From a work point of view, it means that I just cannot stand for even short periods of time, so working at the easel is just impossible. This is one of the reasons that I have experimented with things like papercutting and crafts this past year particularly. For some reason, I find it very difficult to paint sat at the desk. I think it is because I just find it hard to paint small scale. I have always felt more inclined to work with big canvasses, the bigger the better to be honest. Working small has always felt very restrictive for me. My trees and abstract work seem to need long sweeping strokes that need me to be standing, and they just do not work small scale. Believe me I have tried!

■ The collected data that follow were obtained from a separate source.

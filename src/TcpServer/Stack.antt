-- ===== src/TcpServer/Stack.antt =====
-- The stack that the table of racey-tcp-server.c holds, behind each move.
use mathlib.Core.Path.{subst}
use racey_suite.Prelude.{
  ℕ, suc, ◌+◌, ◌≤◌, ◌<◌, ◌≡◌, ◌≢◌, refl, ℤ, pos, negsuc, Bool, true, false, Option, none, some,
  List, [], ◌∷◌, length, arith, ◌∙◌, ap, sym, update, total, total-update, total_only, dec_lt,
  if◌then◌else◌,
}
use racey_suite.Machine.{System}
use racey_suite.TcpServer.{
  chunk, SocketCalls, Shared, Pc, asking, fetching, clearing, lowering, taking, receiving, storing,
  freeing, closing, accepting, offering, raising, placing, placed, put_at, has_more, worker_num,
}
use racey_suite.TcpServer.Table.{
  Table, Table-up, Table-down, Table-clear, Table-place, Table-place_none, Table-length,
}
use racey_suite.TcpServer.Move.{
  Move, walk, ask, leave, hit, get, clear, lower, queue, write, unlock_file, close, connect, raise,
  place,
}
use racey_suite.TcpServer.Held.{
  in_table, lifted, Knows, pool_after, Walks-Quiet, Asks-Quiet, Leaves-Quiet, Inv,
}

pub none≢some : {v : List ℤ} → ◌≢◌ {A = Option (List ℤ)} none (some v)
none≢some e = cc

pub none≢some_fd : {v : ℤ} → ◌≢◌ {A = Option ℤ} none (some v)
none≢some_fd e = cc

pub some-injective : {v w : ℤ} → ◌≡◌ {A = Option ℤ} (some v) (some w) → v ≡ w
some-injective e = cc

module _ {io : SocketCalls} {stack : List ℤ} {c : System Shared Pc} (inv : Inv io stack c) (i : ℕ)
    (low : 1 ≤ i) (high : i ≤ suc worker_num) where
  open inv use {table, holds, knows}

  -- No other thread is in the table when one is.
  pub others_out : in_table (c.locals i) ≡ true → (j : ℕ) → i ≢ j → in_table (c.locals j) ≡ false
  others_out here j e = ground (arith, holds i, holds j)

  lifted-in_table : (p : Pc) → in_table p ≡ false → lifted p ≡ 0
  lifted-in_table p e = ground arith

  -- The index is raised by the thread in the table alone.
  pub only_lift :
      (p : Pc)
      → c.locals i ≡ p
      → in_table p ≡ true
      → Table c.shared.client_fds c.shared.client_idx (lifted p) stack
  only_lift p here e =
      subst (λ k. Table c.shared.client_fds c.shared.client_idx k stack)
        (total_only lifted (suc worker_num) c.locals i low high
            (λ j a b ne. lifted-in_table (c.locals j) (others_out (ap in_table here ∙ e) j ne))
          ∙ ap lifted here)
        table

  lift_after :
      (p' : Pc)
      → total lifted (suc worker_num) (update c.locals i p') + lifted (c.locals i)
        ≡ total lifted (suc worker_num) c.locals + lifted p'
  lift_after p' = total-update lifted (suc worker_num) c.locals i p' low high

  -- The index behind a move of a thread that is not in the table, or is.
  lift_kept :
      (p p' : Pc)
      → c.locals i ≡ p
      → lifted p ≡ lifted p'
      → Table c.shared.client_fds c.shared.client_idx
          (total lifted (suc worker_num) (update c.locals i p'))
          stack
  lift_kept p p' here e =
      subst (λ k. Table c.shared.client_fds c.shared.client_idx k stack)
        (omega (arith, lift_after p', ap lifted here, e)) table

  lift_moved :
      (p p' : Pc) {fds : List ℤ} {idx : ℤ} {after : List ℤ}
      → c.locals i ≡ p
      → in_table p ≡ true
      → Table fds idx (lifted p') after
      → Table fds idx (total lifted (suc worker_num) (update c.locals i p')) after
  lift_moved p p' {fds} {idx} {after} here e =
      subst (λ k. Table fds idx k after)
        (omega (
          arith,
          lift_after p',
          total_only lifted (suc worker_num) c.locals i low high
              (λ j a b ne. lifted-in_table (c.locals j) (others_out (ap in_table here ∙ e) j ne)),
        ))

  cleared :
      {fd : ℤ} {fds : List ℤ} (stack' : List ℤ)
      → Table c.shared.client_fds c.shared.client_idx 0 stack'
      → Knows stack' (clearing fd)
      → put_at c.shared.client_fds c.shared.client_idx (negsuc 0) ≡ some fds
      → Table fds c.shared.client_idx 1 (pool_after (clearing fd) stack')
  cleared [] t (below, e, more) done = cc
  cleared (top ∷ below) t k done =
      let (after, e, t') = Table-clear t in
      let same : after ≡ _ = cc in subst (λ x. Table x c.shared.client_idx 1 below) same t'

  pub placed_at :
      {fd : ℤ} {fds : List ℤ}
      → Table c.shared.client_fds c.shared.client_idx 1 stack
      → put_at c.shared.client_fds c.shared.client_idx fd ≡ some fds
      → (length stack < worker_num) × Table fds c.shared.client_idx 0 (fd ∷ stack)
  placed_at {fd} {fds} t done = elim (dec_lt (length stack) worker_num) [
    | yes room ↦
        let (after, e, t') = Table-place fd t room in
        let same : after ≡ fds = cc in
        (room, subst (λ x. Table x c.shared.client_idx 0 (fd ∷ stack)) same t')
    | no none_left ↦
        let e : length stack ≡ worker_num = omega (arith, Table-length t) in
        absurd (none≢some (sym (Table-place_none fd t e) ∙ done))
  ]

  pub Move-Table :
      {p p' : Pc} {s : Shared}
      → Move io i c.shared p s p'
      → c.locals i ≡ p
      → Table s.client_fds s.client_idx
          (total lifted (suc worker_num) (update c.locals i p'))
          (pool_after p stack)
  Move-Table {p} {p'} (walk q k) here =
      let quiet = (Walks-Quiet q).0 in
      rw (quiet.pool stack, k.fds, k.idx) (lift_kept p p' here (quiet.lift.0 ∙ sym quiet.lift.1))
  Move-Table {p} {p'} (ask a none_in) here =
      let quiet = (Asks-Quiet a).0 in
      rw (quiet.pool stack) (lift_kept p p' here (quiet.lift.0 ∙ sym quiet.lift.1))
  Move-Table {p} {p'} (leave l) here =
      let quiet = (Leaves-Quiet l).0 in
      rw (quiet.pool stack) (lift_kept p p' here (quiet.lift.0 ∙ sym quiet.lift.1))
  Move-Table (clear {fd} e) here =
      let here_known = subst (Knows stack) here (knows i) in
      lift_moved (clearing fd) (lowering fd) here refl
        (cleared stack (only_lift (clearing fd) here refl) here_known e)
  Move-Table (lower {fd}) here =
      lift_moved (lowering fd) (taking fd) here refl
        (Table-down (only_lift (lowering fd) here refl))
  Move-Table (raise {fd}) here =
      lift_moved (raising fd) (placing fd) here refl (Table-up (only_lift (raising fd) here refl))
  Move-Table (place {fd} e) here =
      lift_moved (placing fd) placed here refl (placed_at (only_lift (placing fd) here refl) e).1
  Move-Table (hit e more) here = lift_kept _ fetching here refl
  Move-Table (get {fd} e) here = lift_kept _ (clearing fd) here refl
  Move-Table (queue {fd} {n} e) here = lift_kept _ (storing fd n) here refl
  Move-Table (write {fd} {bytes}) here = lift_kept _ (freeing fd (chunk bytes)) here refl
  Move-Table (unlock_file {fd} {n}) here = lift_kept _ _ here (lift_more fd (has_more n))
    where
      lift_more : (fd : ℤ) (b : Bool) → 0 ≡ lifted (if b then receiving fd else closing fd)
      lift_more fd true = refl
      lift_more fd false = refl
  Move-Table (close {fd}) here = lift_kept (closing fd) asking here refl
  Move-Table (connect {fd} e) here = lift_kept accepting (offering (pos fd)) here refl
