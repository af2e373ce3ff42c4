-- ===== src/TcpServer/Known.antt =====
-- What a thread of racey-tcp-server.c knows of the last entry, behind each move.
use mathlib.Core.Path.{subst}
use racey_suite.Prelude.{
  ℕ, suc, ◌≤◌, ◌≡◌, ◌≢◌, refl, ℤ, pos, Bool, true, false, some, List, [], ◌∷◌, ◌∙◌, ap, sym, update,
  update-others, if◌then◌else◌,
}
use racey_suite.Machine.{System}
use racey_suite.TcpServer.{
  chunk, SocketCalls, Shared, Pc, asking, looking, fetching, clearing, lowering, taking, receiving,
  storing, freeing, closing, offering, placing, placed, fd_at, is_positive, has_more, worker_num,
}
use racey_suite.TcpServer.Table.{Table, Table-fd_at, Table-fd_at-none}
use racey_suite.TcpServer.Move.{
  Move, walk, ask, leave, hit, get, clear, lower, queue, write, unlock_file, close, connect, raise,
  place,
}
use racey_suite.TcpServer.Held.{
  in_table, Knows, pool_after, Walks-Quiet, Asks-Quiet, Leaves-Quiet, Inv,
}
use racey_suite.TcpServer.Stack.{others_out, only_lift, none≢some_fd, some-injective}

Knows-out : (stack : List ℤ) (p : Pc) → in_table p ≡ false → Knows stack p
Knows-out stack fetching e = cc
Knows-out stack (clearing fd) e = cc
Knows-out stack p e = tt

module _ {io : SocketCalls} {stack : List ℤ} {c : System Shared Pc} (inv : Inv io stack c) (i : ℕ)
    (low : 1 ≤ i) (high : i ≤ suc worker_num) where
  open inv use {knows}

  -- The last entry is what an access below finds.
  pub top_known :
      {fd : ℤ} (stack' : List ℤ)
      → Table c.shared.client_fds c.shared.client_idx 0 stack'
      → fd_at c.shared.client_fds c.shared.client_idx ≡ some fd
      → (below : List ℤ) × (stack' ≡ fd ∷ below)
  top_known [] t e = absurd (none≢some_fd (sym (Table-fd_at-none t) ∙ e))
  top_known {fd} (top ∷ below) t e =
      let same : top ≡ fd = some-injective (sym (Table-fd_at t) ∙ e) in
      (below, ap (λ x. x ∷ below) same)

  got :
      {fd : ℤ} (stack' : List ℤ)
      → Table c.shared.client_fds c.shared.client_idx 0 stack'
      → Knows stack' fetching
      → fd_at c.shared.client_fds c.shared.client_idx ≡ some fd
      → Knows stack' (clearing fd)
  got {fd} stack' t (top, below, e, more) found =
      let (below', e') = top_known stack' t found in
      let same : top ≡ fd = cc in (below', e', subst (λ x. is_positive x ≡ true) same more)

  others-Knows :
      (p : Pc)
      → c.locals i ≡ p
      → in_table p ≡ true
      → (after : List ℤ) (j : ℕ) → i ≢ j
      → Knows after (c.locals j)
  others-Knows p here e after j ne =
      Knows-out after (c.locals j) (others_out inv i low high (ap in_table here ∙ e) j ne)

  kept-Knows :
      (p : Pc) → pool_after p stack ≡ stack → (j : ℕ) → Knows (pool_after p stack) (c.locals j)
  kept-Knows p e j = subst (λ l. Knows l (c.locals j)) (sym e) (knows j)

  pub Move-Knows :
      {p p' : Pc} {s : Shared}
      → Move io i c.shared p s p'
      → c.locals i ≡ p
      → (j : ℕ) → Knows (pool_after p stack) (update c.locals i p' j)
  Move-Knows {p} {p'} (walk q k) here =
      let quiet = (Walks-Quiet q).0 in
      update-others (Knows (pool_after p stack)) c.locals i p' (quiet.know (pool_after p stack))
        (λ j ne. kept-Knows p (quiet.pool stack) j)
  Move-Knows {p} {p'} (ask a none_in) here =
      let quiet = (Asks-Quiet a).0 in
      update-others (Knows (pool_after p stack)) c.locals i p' (quiet.know (pool_after p stack))
        (λ j ne. kept-Knows p (quiet.pool stack) j)
  Move-Knows {p} {p'} (leave l) here =
      let quiet = (Leaves-Quiet l).0 in
      update-others (Knows (pool_after p stack)) c.locals i p' (quiet.know (pool_after p stack))
        (λ j ne. kept-Knows p (quiet.pool stack) j)
  Move-Knows (hit {fd} e more) here =
      let (below, known) = top_known stack (only_lift inv i low high looking here refl) e in
      update-others (Knows stack) c.locals i fetching (fd, below, known, more) (λ j ne. knows j)
  Move-Knows (get {fd} e) here =
      update-others (Knows stack) c.locals i (clearing fd)
        (got stack (only_lift inv i low high fetching here refl)
          (subst (Knows stack) here (knows i)) e)
        (λ j ne. knows j)
  Move-Knows (clear {fd} e) here =
      let after = pool_after (clearing fd) stack in
      update-others (Knows after) c.locals i (lowering fd) tt
        (others-Knows (clearing fd) here refl after)
  Move-Knows (place {fd} e) here =
      update-others (Knows (fd ∷ stack)) c.locals i placed tt
        (others-Knows (placing fd) here refl (fd ∷ stack))
  Move-Knows (unlock_file {fd} {n}) here =
      update-others (Knows stack) c.locals i _ (knows_more (has_more n)) (λ j ne. knows j)
    where
      knows_more : (b : Bool) → Knows stack (if b then receiving fd else closing fd)
      knows_more true = tt
      knows_more false = tt
  Move-Knows (lower {fd}) here =
      update-others (Knows stack) c.locals i (taking fd) tt (λ j ne. knows j)
  Move-Knows (raise {fd}) here =
      update-others (Knows stack) c.locals i (placing fd) tt (λ j ne. knows j)
  Move-Knows (queue {fd} {n} e) here =
      update-others (Knows stack) c.locals i (storing fd n) tt (λ j ne. knows j)
  Move-Knows (write {fd} {bytes}) here =
      update-others (Knows stack) c.locals i (freeing fd (chunk bytes)) tt (λ j ne. knows j)
  Move-Knows close here = update-others (Knows stack) c.locals i asking tt (λ j ne. knows j)
  Move-Knows (connect {fd} e) here =
      update-others (Knows stack) c.locals i (offering (pos fd)) tt (λ j ne. knows j)
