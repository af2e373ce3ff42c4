-- ===== src/TcpServer/Invariant.antt =====
-- The invariant of racey-tcp-server.c: who holds the locks, which stack the table holds, and where
-- the accepted connections are.
use mathlib.Core.Path.{subst}
use racey_suite.Prelude.{
  ℕ, suc, ◌+◌, ◌≤◌, ◌≡◌, refl, ℤ, Bool, true, false, some, List, arith, ap, update, total,
  total-update, if◌then◌else◌,
}
use racey_suite.Machine.{System}
use racey_suite.TcpServer.{
  SocketCalls, Shared, Pc, clearing, lowering, receiving, closing, has_more, worker_num,
}
use racey_suite.TcpServer.Move.{Move, walk, ask, leave, clear, queue, unlock_file, connect}
use racey_suite.TcpServer.Held.{
  in_table, in_file, carried, sum, accepted, Knows, pool_after, Walks-Quiet, Asks-Quiet,
  Leaves-Quiet, Inv,
}
use racey_suite.TcpServer.Stack.{Move-Table}
use racey_suite.TcpServer.Known.{Move-Knows}

module _ {io : SocketCalls} {stack : List ℤ} {c : System Shared Pc} (inv : Inv io stack c) (i : ℕ)
    (low : 1 ≤ i) (high : i ≤ suc worker_num) where
  open inv use {holds, files, knows, kept}

  Move-holds :
      {p p' : Pc} {s : Shared}
      → Move io i c.shared p s p'
      → c.locals i ≡ p
      → (j : ℕ) → in_table (update c.locals i p' j) ≡ true
      → s.table_owner ≡ some j
  Move-holds (walk q k) here j e = ground (arith, (Walks-Quiet q).1, k.table, holds j, holds i)
  Move-holds (ask a none_in) here j e = ground (arith, holds j)
  Move-holds (leave l) here j e = ground (arith, Leaves-Quiet l, holds j, holds i)
  Move-holds unlock_file here j e = ground (arith, holds j, holds i)
  Move-holds _ here j e = ground (arith, holds j, holds i)

  Move-files :
      {p p' : Pc} {s : Shared}
      → Move io i c.shared p s p'
      → c.locals i ≡ p
      → (j : ℕ) → in_file (update c.locals i p' j) ≡ true
      → s.file_owner ≡ some j
  Move-files (walk q k) here j e = ground (arith, (Walks-Quiet q).0.file, k.file, files j, files i)
  Move-files (ask a none_in) here j e = ground (arith, (Asks-Quiet a).0.file, files j, files i)
  Move-files (leave l) here j e = ground (arith, (Leaves-Quiet l).0.file, files j, files i)
  Move-files (queue none_in) here j e = ground (arith, files j)
  Move-files unlock_file here j e = ground (arith, files j, files i)
  Move-files _ here j e = ground (arith, files j, files i)

  -- What the thread has in its hands goes up by what the others lose.
  carry_after :
      (w : ℤ → ℕ) (p p' : Pc)
      → c.locals i ≡ p
      → total (carried w) (suc worker_num) (update c.locals i p') + carried w p
        ≡ total (carried w) (suc worker_num) c.locals + carried w p'
  carry_after w p p' here =
      omega (
        arith,
        total-update (carried w) (suc worker_num) c.locals i p' low high,
        ap (carried w) here,
      )

  Move-kept :
      {p p' : Pc} {s : Shared}
      → Move io i c.shared p s p'
      → c.locals i ≡ p
      → (w : ℤ → ℕ)
      → sum w (accepted io s.accepts)
        ≡ sum w (pool_after p stack)
          + total (carried w) (suc worker_num) (update c.locals i p')
          + sum w s.closed
  Move-kept {p} {p'} (walk q k) here w =
      let quiet = (Walks-Quiet q).0 in
      rw (quiet.pool stack, k.accepts, k.closed)
        (omega (arith, carry_after w p p' here, kept w, quiet.carry w))
  Move-kept {p} {p'} (ask a none_in) here w =
      let quiet = (Asks-Quiet a).0 in
      rw (quiet.pool stack) (omega (arith, carry_after w p p' here, kept w, quiet.carry w))
  Move-kept {p} {p'} (leave l) here w =
      let quiet = (Leaves-Quiet l).0 in
      rw (quiet.pool stack) (omega (arith, carry_after w p p' here, kept w, quiet.carry w))
  Move-kept (clear {fd} e) here w =
      let (below, known, more) = subst (Knows stack) here (knows i) in
      rw known
        (omega (arith, carry_after w (clearing fd) (lowering fd) here, kept w, ap (sum w) known))
  Move-kept {p} {p'} (connect {fd} e) here w =
      omega (arith, carry_after w p p' here, kept w, ap w e)
  Move-kept {p} {p'} (unlock_file {fd} {n}) here w =
      omega (arith, carry_after w p p' here, kept w, carried_more (has_more n))
    where
      carried_more : (b : Bool) → carried w (if b then receiving fd else closing fd) ≡ w fd
      carried_more true = refl
      carried_more false = refl
  Move-kept {p} {p'} _ here w = omega (arith, carry_after w p p' here, kept w)

  -- A move keeps the invariant.
  pub Move-Inv :
      {s : Shared} {p' : Pc}
      → Move io i c.shared (c.locals i) s p'
      → Inv io
          (pool_after (c.locals i) stack)
          (record { shared = s; locals = update c.locals i p' })
  Move-Inv mv = record {
    table = Move-Table inv i low high mv refl;
    holds = Move-holds mv refl;
    files = Move-files mv refl;
    knows = Move-Knows inv i low high mv refl;
    kept = Move-kept mv refl;
  }
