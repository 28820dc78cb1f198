-- ===== src/LogBudget/Atomic.antt =====
-- `_compare_and_swap` of src/eng_platform_api/services/log_budget.py beside one atomic step.
use gcp_engineering_platform.Base.{
  ℕ, String, Bool, true, false, ◌||◌, List, [], ◌∷◌, Option, none, some, ◌≡◌, inl, inr, refl, sym,
  ap, arith, Bool-cases,
}
use gcp_engineering_platform.Python.Raise.{Result, ok, raise}
use gcp_engineering_platform.LogBudget.Record.{Budget, Stored, missing, malformed, stored}
use gcp_engineering_platform.LogBudget.Swap.{
  Cell, Transform, deciding, writing, reading, recording, replying, Reply, replied, lost,
  lost_after_write, Round, is_late, is_missing, accepts, written, Outcome, done, conflict, decide,
  finish_write, decided_round, resume, round, swap_rounds, compare_and_swap,
}

-- A move of other clients: a write changes the revision.
abbrev pub Honest : (Cell → Cell) → Type 0
Honest m = (c : Cell) → (m c).revision ≡ c.revision → m c ≡ c

-- Other clients keep a property of the document.
pub record Rely (P : Cell → Type 0) (T : ℕ → Type 0) (r : Round) : Type 0 where
  pub before_keeps : (c : Cell) → P c → P (r.before c)
  pub between_keeps : (c : Cell) → P c → P (r.between c)
  pub between_honest : Honest r.between
  pub timely : T r.now

abbrev pub RelyAll : (Cell → Type 0) → (ℕ → Type 0) → List Round → Type 0
RelyAll P T [] = Unit
RelyAll P T (r ∷ rs) = Rely P T r × RelyAll P T rs

-- An accepted write finds the document that was read.
both_missing : (s t : Stored) → is_missing s ≡ true → is_missing t ≡ true → t ≡ s
both_missing missing missing h k = refl
both_missing malformed _ h k = cc
both_missing (stored b) _ h k = cc
both_missing missing malformed h k = cc
both_missing missing (stored b) h k = cc

accepts-same :
    (m : Cell → Cell) (c : Cell) → Honest m → accepts c (m c) ≡ true → (m c).document ≡ c.document
unfolding accepts
accepts-same m c honest h = elim (Bool-cases (is_missing c.document)) [
  | inl none_read ↦ both_missing c.document (m c).document none_read (ground (arith, h, none_read))
  | inr some_read ↦ ap (λ x. x.document) (honest c (ground (arith, h, some_read)))
]

module _ {A : Type 0} where
  abbrev pub apply : Cell → Result (A × Option Budget) → Result A × Cell
  apply c (raise error) = (raise error, c)
  apply c (ok (a, none)) = (ok a, c)
  apply c (ok (a, some b)) = (ok a, written b c)

  -- The abstract specification: read, decide and write in one step.
  unfoldable pub atomic : Transform A → String → ℕ → Cell → Result A × Cell
  unfolding decide
  atomic f project now c = apply c (decide f now project c.document)

  abbrev pub IsError : Result A → Type 0
  IsError (ok a) = ⊥
  IsError (raise error) = Unit

  -- An outcome of a call is that of one atomic step on a document with the property: the step was
  -- made and answered, or it was made and the call raised, or the call raised and wrote nothing.
  pub data Linear (P : Cell → Type 0) (T : ℕ → Type 0) (f : Transform A) (project : String)
      (r : Result A × Cell) : Type 0 where
    answered :
        (x : Cell) (now : ℕ) → P x → T now → r ≡ atomic f project now x → Linear P T f project r
    interrupted :
        (x : Cell) (now : ℕ)
        → P x
        → T now
        → IsError r.0
        → r.1 ≡ (atomic f project now x).1
        → Linear P T f project r
    untouched : P r.1 → IsError r.0 → Linear P T f project r

  Ends : (Cell → Type 0) → (ℕ → Type 0) → Transform A → String → Outcome A × Cell → Type 0
  Ends P T f project (done a, c) = Linear P T f project (a, c)
  Ends P T f project (conflict, c) = P c

  -- The step was made on a cell with the document that was read.
  applied :
      (f : Transform A) (project : String) (now : ℕ) (c x : Cell) (a : A) (b : Budget)
      → x.document ≡ c.document
      → decide f now project c.document ≡ ok (a, some b)
      → atomic f project now x ≡ (ok a, written b x)
  unfolding atomic
  applied f project now c x a b same d = rw (same, d) refl

  finish_write-Ends :
      (P : Cell → Type 0) (T : ℕ → Type 0) (f : Transform A) (project : String) (now : ℕ)
      (reply : Reply) (accepted late : Bool) (x : Cell) (a : A) (b : Budget)
      → P x
      → T now
      → (accepted ≡ true → atomic f project now x ≡ (ok a, written b x))
      → Ends P T f project (finish_write reply accepted late x a b)
  unfolding finish_write Ends
  finish_write-Ends P T f project now replied true false x a b h t step =
      answered x now h t (sym (step refl))
  finish_write-Ends P T f project now replied true true x a b h t step =
      interrupted x now h t tt (ap (λ r. r.1) (sym (step refl)))
  finish_write-Ends P T f project now replied false _ x a b h t step = h
  finish_write-Ends P T f project now lost true _ x a b h t step = untouched h tt
  finish_write-Ends P T f project now lost false _ x a b h t step = untouched h tt
  finish_write-Ends P T f project now lost_after_write true _ x a b h t step =
      interrupted x now h t tt (ap (λ r. r.1) (sym (step refl)))
  finish_write-Ends P T f project now lost_after_write false _ x a b h t step = untouched h tt

  decided_round-Ends :
      (P : Cell → Type 0) (T : ℕ → Type 0) (f : Transform A) (project : String) (r : Round)
      (c : Cell) (d : Result (A × Option Budget))
      → Rely P T r
      → P c
      → decide f r.now project c.document ≡ d
      → Ends P T f project (decided_round r c d)
  unfolding decided_round Ends atomic
  decided_round-Ends P T f project r c (raise error) rely h e =
      answered c r.now h rely.timely (rw e refl)
  decided_round-Ends P T f project r c (ok (a, none)) rely h e =
      elim (Bool-cases (is_late deciding r.late)) [
        | inl expired ↦ rw expired (untouched h tt)
        | inr in_time ↦ rw in_time (answered c r.now h rely.timely (rw e refl))
      ]
  decided_round-Ends P T f project r c (ok (a, some b)) rely h e =
      elim (Bool-cases (is_late deciding r.late || is_late writing r.late)) [
        | inl expired ↦ rw expired (untouched h tt)
        | inr in_time ↦ rw in_time (
            finish_write-Ends P T f project r.now r.reply (accepts c (r.between c))
              (is_late replying r.late) (r.between c) a b (rely.between_keeps c h) rely.timely
              (λ accepted.
                applied f project r.now c (r.between c) a b
                  (accepts-same r.between c rely.between_honest accepted) e))
      ]

  round-Ends :
      (P : Cell → Type 0) (T : ℕ → Type 0) (f : Transform A) (project : String) (r : Round)
      (c : Cell)
      → Rely P T r
      → P c
      → Ends P T f project (round f project r c)
  unfolding round Ends
  round-Ends P T f project r c rely h =
      elim (Bool-cases (is_late reading r.late || is_late recording r.late)) [
        | inl expired ↦ rw expired (untouched (rely.before_keeps c h) tt)
        | inr in_time ↦
            rw in_time
              (decided_round-Ends P T f project r (r.before c) _ rely (rely.before_keeps c h) refl)
      ]

  resume-Linear :
      (P : Cell → Type 0) (T : ℕ → Type 0) (f : Transform A) (project : String)
      (rest : Cell → Result A × Cell) (o : Outcome A × Cell)
      → ((x : Cell) → P x → Linear P T f project (rest x))
      → Ends P T f project o
      → Linear P T f project (resume rest o)
  unfolding resume Ends
  resume-Linear P T f project rest (done a, c) later e = e
  resume-Linear P T f project rest (conflict, c) later e = later c e

  swap_rounds-Linear :
      (P : Cell → Type 0) (T : ℕ → Type 0) (f : Transform A) (project : String) (rs : List Round)
      (c : Cell)
      → RelyAll P T rs
      → P c
      → Linear P T f project (swap_rounds f project rs c)
  unfolding swap_rounds
  swap_rounds-Linear P T f project [] c rely h = untouched h tt
  swap_rounds-Linear P T f project (r ∷ rs) c rely h =
      resume-Linear P T f project (swap_rounds f project rs) (round f project r c)
        (λ x k. swap_rounds-Linear P T f project rs x rely.1 k)
        (round-Ends P T f project r c rely.0 h)

-- Whatever other clients write meanwhile, as long as their writes keep a property of the document
-- and change its revision, and wherever a call is interrupted, a call of the compare-and-swap loop
-- that answers has made one atomic step, at a server time of its rounds, on a document with the
-- property; and a call that raises has
-- made one such step or has written nothing.
pub swap_is_atomic :
    {A : Type 0} (P : Cell → Type 0) (T : ℕ → Type 0) (f : Transform A) (project : String)
    (r r' r'' : Round) (c : Cell)
    → Rely P T r
    → Rely P T r'
    → Rely P T r''
    → P c
    → Linear P T f project (compare_and_swap f project r r' r'' c)
unfolding compare_and_swap
swap_is_atomic P T f project r r' r'' c rely rely' rely'' h =
    swap_rounds-Linear P T f project (r ∷ r' ∷ r'' ∷ []) c (rely, (rely', (rely'', tt))) h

So, while I wait for news about when the NHS are going to give me a new hip, I will remain being creative, but with a slightly different focus. I am itching to get painting again if I am honest. I have loads of ideas that fill my head for paintings I would love to create, and I hope one day I will create them.
Please don’t disappear from watching out for my work. I am going to have a go at doing some smaller mixed media canvasses, and I am starting one very soon. Keep your eye out for my creativity please. I do enjoy sharing it with you, and I love that you enjoy seeing it too. So please bear with me through any grumpiness.
So, in the grand scheme of things, this is in fact nothing serious. I am one of the lucky ones. I can be fixed, which is amazing isn’t it?! I am going to stay positive, and especially since I have been told that I will feel like a new woman when I get my new body parts! How exciting is that?!